:: DATA RECORDS ::

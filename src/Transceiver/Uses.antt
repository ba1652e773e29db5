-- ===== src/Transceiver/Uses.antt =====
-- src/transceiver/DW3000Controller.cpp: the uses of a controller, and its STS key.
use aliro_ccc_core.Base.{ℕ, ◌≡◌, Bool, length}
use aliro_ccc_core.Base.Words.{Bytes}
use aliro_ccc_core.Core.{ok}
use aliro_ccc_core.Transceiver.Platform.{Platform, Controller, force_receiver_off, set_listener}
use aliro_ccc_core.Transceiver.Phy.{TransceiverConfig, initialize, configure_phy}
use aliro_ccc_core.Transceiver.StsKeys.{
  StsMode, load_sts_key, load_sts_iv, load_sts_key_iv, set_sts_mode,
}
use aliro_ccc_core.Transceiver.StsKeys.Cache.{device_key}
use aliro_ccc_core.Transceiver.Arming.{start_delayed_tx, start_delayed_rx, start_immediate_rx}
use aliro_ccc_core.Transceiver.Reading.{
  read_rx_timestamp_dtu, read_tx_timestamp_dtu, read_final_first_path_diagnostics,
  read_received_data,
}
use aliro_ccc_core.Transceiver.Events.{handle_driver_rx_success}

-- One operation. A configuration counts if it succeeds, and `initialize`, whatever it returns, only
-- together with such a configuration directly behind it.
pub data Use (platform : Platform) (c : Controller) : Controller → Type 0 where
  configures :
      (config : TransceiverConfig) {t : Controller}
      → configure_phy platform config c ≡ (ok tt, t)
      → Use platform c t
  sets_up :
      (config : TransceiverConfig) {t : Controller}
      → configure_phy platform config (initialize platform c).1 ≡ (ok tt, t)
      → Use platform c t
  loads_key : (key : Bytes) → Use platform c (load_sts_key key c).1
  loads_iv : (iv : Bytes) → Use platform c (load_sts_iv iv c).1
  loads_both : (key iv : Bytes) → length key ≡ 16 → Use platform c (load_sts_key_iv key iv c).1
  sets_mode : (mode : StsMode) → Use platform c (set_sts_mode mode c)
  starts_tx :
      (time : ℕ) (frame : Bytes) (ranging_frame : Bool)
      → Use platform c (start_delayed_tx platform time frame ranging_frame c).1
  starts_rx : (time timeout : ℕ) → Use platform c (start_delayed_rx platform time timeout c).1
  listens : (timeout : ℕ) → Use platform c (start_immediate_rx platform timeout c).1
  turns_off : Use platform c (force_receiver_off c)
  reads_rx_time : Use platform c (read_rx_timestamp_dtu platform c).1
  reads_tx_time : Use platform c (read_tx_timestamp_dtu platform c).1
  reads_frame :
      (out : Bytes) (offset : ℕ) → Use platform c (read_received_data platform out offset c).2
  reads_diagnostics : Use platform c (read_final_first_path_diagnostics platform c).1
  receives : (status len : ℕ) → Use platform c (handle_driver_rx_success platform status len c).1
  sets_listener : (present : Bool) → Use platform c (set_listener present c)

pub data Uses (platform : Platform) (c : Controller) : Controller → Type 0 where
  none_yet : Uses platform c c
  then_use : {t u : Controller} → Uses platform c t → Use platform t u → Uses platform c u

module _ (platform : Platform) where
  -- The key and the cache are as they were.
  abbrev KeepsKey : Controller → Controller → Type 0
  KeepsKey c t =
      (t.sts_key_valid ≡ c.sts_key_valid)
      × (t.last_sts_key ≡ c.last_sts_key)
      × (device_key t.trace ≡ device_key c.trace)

:::

- **TASK TO CARRY OUT**
For the word "Type", find every line in the data that holds it and copy that line.

- **EXERCISE RESPONSE**
pub data Use (platform : Platform) (c : Controller) : Controller → Type 0 where
pub data Uses (platform : Platform) (c : Controller) : Controller → Type 0 where
  abbrev KeepsKey : Controller → Controller → Type 0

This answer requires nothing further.